■ Supplied information ■
+===+
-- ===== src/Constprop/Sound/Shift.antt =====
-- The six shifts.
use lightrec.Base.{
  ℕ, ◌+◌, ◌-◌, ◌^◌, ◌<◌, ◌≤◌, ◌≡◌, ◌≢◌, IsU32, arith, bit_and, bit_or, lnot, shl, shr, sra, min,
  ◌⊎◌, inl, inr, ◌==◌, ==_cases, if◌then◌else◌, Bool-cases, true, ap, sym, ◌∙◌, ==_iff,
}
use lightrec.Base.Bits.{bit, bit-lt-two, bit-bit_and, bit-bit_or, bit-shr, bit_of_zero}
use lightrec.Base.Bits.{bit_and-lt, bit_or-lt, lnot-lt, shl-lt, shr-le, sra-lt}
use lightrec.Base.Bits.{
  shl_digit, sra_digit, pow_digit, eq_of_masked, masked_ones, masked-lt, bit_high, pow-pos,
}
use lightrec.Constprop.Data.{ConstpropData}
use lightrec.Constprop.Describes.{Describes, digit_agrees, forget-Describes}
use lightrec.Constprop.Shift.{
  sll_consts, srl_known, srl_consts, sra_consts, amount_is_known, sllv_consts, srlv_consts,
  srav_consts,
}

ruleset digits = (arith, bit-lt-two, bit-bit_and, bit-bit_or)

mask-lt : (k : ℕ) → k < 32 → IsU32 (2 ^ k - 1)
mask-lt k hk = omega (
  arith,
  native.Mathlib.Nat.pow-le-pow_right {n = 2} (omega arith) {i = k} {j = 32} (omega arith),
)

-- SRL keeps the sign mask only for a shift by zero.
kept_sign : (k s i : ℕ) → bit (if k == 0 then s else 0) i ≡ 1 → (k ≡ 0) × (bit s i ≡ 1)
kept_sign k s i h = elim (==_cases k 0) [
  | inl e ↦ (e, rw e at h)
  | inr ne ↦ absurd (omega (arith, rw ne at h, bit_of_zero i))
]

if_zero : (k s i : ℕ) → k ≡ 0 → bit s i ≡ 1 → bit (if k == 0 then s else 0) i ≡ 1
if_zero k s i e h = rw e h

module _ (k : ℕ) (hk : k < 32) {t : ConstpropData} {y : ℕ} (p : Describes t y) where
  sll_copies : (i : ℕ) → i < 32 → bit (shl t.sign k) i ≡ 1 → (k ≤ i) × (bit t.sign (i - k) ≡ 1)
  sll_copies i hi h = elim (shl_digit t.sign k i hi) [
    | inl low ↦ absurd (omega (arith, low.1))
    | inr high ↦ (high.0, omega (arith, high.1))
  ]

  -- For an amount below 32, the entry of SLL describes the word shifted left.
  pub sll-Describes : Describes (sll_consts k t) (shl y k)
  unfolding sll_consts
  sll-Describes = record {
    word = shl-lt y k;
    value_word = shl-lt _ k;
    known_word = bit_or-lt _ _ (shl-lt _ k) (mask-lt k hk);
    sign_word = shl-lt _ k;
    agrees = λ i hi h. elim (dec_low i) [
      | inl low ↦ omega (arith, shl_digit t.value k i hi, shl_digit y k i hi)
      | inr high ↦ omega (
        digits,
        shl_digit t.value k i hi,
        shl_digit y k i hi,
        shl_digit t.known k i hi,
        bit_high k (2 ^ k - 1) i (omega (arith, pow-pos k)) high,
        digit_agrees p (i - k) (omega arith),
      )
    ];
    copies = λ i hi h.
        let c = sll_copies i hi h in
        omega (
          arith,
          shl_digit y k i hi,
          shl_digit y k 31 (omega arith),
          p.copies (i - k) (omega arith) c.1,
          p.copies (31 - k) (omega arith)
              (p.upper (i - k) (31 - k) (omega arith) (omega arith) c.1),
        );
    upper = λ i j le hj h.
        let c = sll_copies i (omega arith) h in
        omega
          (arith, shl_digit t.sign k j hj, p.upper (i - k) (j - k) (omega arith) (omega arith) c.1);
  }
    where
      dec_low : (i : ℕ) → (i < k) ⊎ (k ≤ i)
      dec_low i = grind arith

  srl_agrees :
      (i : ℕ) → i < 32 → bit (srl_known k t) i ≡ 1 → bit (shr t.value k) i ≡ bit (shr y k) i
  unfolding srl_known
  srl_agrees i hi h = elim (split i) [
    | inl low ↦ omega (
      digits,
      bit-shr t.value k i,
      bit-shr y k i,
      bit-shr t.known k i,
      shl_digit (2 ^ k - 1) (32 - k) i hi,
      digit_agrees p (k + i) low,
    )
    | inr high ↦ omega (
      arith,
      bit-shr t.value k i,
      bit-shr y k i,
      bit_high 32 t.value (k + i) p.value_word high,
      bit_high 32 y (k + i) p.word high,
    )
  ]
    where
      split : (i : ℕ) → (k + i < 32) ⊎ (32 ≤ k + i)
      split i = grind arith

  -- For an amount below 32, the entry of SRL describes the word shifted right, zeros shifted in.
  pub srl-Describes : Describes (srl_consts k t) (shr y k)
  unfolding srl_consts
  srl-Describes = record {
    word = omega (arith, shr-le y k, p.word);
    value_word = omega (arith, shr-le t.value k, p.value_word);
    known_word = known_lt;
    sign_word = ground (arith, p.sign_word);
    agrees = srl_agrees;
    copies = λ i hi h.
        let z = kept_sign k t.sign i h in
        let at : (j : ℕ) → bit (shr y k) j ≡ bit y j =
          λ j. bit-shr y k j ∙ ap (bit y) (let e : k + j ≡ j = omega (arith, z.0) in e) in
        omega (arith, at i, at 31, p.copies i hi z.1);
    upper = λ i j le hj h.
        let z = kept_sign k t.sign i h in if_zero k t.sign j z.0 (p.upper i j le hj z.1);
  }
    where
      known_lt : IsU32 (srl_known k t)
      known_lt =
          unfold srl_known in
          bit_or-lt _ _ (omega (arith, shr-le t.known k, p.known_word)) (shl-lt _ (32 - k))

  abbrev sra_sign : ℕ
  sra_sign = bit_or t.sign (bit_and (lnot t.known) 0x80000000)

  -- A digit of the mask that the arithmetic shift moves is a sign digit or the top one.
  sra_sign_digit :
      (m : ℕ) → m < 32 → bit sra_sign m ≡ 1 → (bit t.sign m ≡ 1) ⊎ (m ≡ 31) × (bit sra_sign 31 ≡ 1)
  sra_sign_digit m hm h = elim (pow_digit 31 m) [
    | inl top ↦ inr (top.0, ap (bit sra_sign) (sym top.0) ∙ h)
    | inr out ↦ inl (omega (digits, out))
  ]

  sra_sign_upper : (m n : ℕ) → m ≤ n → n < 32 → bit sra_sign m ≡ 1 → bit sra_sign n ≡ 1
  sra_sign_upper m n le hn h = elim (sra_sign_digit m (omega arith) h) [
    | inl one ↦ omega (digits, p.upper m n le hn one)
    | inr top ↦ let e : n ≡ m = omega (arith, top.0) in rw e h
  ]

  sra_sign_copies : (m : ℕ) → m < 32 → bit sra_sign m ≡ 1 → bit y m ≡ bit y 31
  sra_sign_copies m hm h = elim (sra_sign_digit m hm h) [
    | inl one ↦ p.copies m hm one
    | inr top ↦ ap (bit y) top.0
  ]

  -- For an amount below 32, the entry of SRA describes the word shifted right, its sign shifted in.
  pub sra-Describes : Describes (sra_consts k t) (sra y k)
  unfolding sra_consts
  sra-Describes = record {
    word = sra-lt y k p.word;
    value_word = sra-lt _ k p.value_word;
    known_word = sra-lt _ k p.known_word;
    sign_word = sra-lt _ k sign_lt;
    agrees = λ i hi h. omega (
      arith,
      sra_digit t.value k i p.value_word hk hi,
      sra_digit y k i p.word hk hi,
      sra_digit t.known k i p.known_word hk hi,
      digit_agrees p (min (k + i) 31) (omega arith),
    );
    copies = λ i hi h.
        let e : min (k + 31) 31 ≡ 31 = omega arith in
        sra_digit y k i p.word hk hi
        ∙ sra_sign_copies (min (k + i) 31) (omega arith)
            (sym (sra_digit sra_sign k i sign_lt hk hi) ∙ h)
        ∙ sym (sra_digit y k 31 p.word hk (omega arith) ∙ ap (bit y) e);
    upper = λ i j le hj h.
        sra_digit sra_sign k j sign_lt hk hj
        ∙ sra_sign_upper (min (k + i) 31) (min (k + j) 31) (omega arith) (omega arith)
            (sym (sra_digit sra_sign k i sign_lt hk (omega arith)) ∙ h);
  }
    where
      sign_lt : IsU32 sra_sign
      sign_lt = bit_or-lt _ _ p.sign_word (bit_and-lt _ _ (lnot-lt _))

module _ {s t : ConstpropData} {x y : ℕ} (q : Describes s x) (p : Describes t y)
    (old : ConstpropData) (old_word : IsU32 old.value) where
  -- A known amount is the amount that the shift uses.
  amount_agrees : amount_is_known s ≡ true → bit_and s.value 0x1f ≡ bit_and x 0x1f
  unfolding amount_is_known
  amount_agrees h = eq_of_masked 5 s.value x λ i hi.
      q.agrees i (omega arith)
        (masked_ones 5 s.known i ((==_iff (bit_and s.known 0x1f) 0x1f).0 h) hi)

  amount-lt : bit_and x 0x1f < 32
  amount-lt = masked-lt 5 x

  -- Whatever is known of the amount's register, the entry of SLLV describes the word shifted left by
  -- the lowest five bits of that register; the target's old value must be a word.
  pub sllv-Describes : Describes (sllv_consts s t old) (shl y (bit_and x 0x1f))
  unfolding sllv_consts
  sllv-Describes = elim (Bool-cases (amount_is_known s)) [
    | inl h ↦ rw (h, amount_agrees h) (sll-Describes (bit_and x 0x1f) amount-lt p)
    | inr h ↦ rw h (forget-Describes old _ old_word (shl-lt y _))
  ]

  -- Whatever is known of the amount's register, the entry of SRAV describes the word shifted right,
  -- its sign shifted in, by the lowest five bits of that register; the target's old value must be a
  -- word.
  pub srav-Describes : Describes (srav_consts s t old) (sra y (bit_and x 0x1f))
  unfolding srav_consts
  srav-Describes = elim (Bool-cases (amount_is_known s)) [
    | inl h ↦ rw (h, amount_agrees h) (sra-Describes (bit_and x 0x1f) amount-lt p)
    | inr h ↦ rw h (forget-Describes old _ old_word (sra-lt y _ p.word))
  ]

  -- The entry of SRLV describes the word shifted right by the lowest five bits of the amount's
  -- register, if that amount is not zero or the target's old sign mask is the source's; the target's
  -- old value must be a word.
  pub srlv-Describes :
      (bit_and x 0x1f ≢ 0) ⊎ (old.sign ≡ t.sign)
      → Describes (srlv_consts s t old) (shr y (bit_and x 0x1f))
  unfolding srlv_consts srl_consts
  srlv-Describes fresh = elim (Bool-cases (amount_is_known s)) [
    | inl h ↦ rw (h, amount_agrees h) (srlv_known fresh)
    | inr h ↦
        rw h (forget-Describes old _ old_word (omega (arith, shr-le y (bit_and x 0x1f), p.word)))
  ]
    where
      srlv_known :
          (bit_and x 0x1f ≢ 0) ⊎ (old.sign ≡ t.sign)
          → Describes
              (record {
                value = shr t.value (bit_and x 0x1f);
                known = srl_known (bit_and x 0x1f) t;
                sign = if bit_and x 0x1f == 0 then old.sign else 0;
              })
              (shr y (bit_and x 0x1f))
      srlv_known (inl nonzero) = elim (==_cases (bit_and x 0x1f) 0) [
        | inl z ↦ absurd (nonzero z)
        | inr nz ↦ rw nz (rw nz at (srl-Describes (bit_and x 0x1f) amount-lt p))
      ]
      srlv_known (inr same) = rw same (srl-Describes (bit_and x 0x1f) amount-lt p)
+===+
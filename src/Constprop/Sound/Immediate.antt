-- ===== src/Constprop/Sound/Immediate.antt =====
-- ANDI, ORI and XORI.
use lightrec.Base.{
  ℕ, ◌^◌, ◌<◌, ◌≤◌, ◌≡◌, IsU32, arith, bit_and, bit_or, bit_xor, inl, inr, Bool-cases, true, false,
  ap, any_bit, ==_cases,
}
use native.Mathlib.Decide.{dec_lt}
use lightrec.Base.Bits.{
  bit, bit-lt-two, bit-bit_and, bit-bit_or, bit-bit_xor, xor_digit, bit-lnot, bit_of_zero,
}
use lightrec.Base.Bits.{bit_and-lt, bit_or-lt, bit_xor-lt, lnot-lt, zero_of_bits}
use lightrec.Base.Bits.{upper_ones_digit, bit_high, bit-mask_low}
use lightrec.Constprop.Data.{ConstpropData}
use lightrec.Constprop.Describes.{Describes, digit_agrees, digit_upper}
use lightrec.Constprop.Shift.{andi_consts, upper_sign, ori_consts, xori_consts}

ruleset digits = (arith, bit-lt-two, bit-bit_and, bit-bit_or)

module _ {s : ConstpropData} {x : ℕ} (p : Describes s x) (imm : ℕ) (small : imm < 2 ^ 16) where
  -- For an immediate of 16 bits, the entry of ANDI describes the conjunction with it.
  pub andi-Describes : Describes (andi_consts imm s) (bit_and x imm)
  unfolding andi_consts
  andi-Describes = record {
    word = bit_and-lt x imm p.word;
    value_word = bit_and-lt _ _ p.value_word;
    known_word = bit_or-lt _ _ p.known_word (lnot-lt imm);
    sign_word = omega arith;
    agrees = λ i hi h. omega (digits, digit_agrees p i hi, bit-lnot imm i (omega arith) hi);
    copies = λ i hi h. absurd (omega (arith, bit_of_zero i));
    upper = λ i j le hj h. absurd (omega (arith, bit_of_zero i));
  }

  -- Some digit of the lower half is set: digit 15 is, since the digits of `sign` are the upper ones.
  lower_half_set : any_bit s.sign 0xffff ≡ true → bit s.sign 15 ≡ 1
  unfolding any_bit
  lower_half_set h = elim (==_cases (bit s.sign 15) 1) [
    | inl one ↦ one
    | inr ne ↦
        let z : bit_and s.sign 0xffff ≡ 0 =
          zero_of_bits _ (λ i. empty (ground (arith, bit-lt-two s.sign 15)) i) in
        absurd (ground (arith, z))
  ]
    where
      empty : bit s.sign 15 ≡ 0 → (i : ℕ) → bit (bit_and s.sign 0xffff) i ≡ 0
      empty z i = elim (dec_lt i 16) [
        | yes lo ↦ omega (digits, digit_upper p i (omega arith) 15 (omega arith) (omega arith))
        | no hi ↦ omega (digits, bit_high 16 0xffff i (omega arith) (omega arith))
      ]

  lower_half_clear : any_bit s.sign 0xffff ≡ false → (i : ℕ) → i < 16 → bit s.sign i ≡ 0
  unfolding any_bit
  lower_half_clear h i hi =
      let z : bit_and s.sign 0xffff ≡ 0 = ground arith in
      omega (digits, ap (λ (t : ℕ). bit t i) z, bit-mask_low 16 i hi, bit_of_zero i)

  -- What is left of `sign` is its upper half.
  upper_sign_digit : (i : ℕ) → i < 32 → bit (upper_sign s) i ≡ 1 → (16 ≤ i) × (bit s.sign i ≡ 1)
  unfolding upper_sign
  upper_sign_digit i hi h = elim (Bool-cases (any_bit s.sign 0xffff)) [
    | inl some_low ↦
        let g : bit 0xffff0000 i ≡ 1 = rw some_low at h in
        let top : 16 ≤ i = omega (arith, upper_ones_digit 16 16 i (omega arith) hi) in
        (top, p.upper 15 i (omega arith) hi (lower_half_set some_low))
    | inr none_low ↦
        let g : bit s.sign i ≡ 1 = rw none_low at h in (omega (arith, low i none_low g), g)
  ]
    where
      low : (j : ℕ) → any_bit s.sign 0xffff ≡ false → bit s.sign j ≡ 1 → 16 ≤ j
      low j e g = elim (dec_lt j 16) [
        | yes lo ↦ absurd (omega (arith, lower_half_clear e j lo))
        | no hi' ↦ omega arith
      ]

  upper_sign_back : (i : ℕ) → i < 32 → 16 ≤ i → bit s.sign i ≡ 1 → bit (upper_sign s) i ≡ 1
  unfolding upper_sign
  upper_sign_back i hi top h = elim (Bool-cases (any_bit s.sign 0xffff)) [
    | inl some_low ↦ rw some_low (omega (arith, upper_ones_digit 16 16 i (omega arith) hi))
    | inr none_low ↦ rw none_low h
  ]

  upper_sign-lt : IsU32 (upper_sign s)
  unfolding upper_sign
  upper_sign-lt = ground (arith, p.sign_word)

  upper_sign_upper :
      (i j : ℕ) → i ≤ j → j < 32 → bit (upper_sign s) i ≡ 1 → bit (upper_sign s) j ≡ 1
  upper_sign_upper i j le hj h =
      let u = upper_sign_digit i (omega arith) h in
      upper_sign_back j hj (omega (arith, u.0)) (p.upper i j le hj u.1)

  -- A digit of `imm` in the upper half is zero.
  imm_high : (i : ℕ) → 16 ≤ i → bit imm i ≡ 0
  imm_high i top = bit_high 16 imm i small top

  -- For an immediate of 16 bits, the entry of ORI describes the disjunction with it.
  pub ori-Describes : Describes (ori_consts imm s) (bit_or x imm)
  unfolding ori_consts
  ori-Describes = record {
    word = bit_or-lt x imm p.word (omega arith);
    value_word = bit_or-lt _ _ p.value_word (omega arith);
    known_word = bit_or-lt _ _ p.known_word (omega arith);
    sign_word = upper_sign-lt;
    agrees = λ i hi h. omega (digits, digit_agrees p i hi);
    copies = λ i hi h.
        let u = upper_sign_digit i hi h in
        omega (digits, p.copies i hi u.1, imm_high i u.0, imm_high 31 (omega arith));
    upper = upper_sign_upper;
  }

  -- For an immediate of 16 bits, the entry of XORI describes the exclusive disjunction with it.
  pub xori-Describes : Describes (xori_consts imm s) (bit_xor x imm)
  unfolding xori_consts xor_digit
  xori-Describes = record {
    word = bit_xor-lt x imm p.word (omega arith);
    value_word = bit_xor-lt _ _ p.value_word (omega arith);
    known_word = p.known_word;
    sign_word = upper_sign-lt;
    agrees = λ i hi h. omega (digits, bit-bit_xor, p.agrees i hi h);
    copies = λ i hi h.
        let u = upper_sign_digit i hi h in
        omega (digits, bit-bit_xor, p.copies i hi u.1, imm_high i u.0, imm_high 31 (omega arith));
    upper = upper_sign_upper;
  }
+===+
■ Work to be completed ■
All lines of the material that contain the word "Mathlib" should be listed.

■ Problem solution ■
  native.Mathlib.Nat.pow-le-pow_right {n = 2} (omega arith) {i = k} {j = 32} (omega arith),
use native.Mathlib.Decide.{dec_lt}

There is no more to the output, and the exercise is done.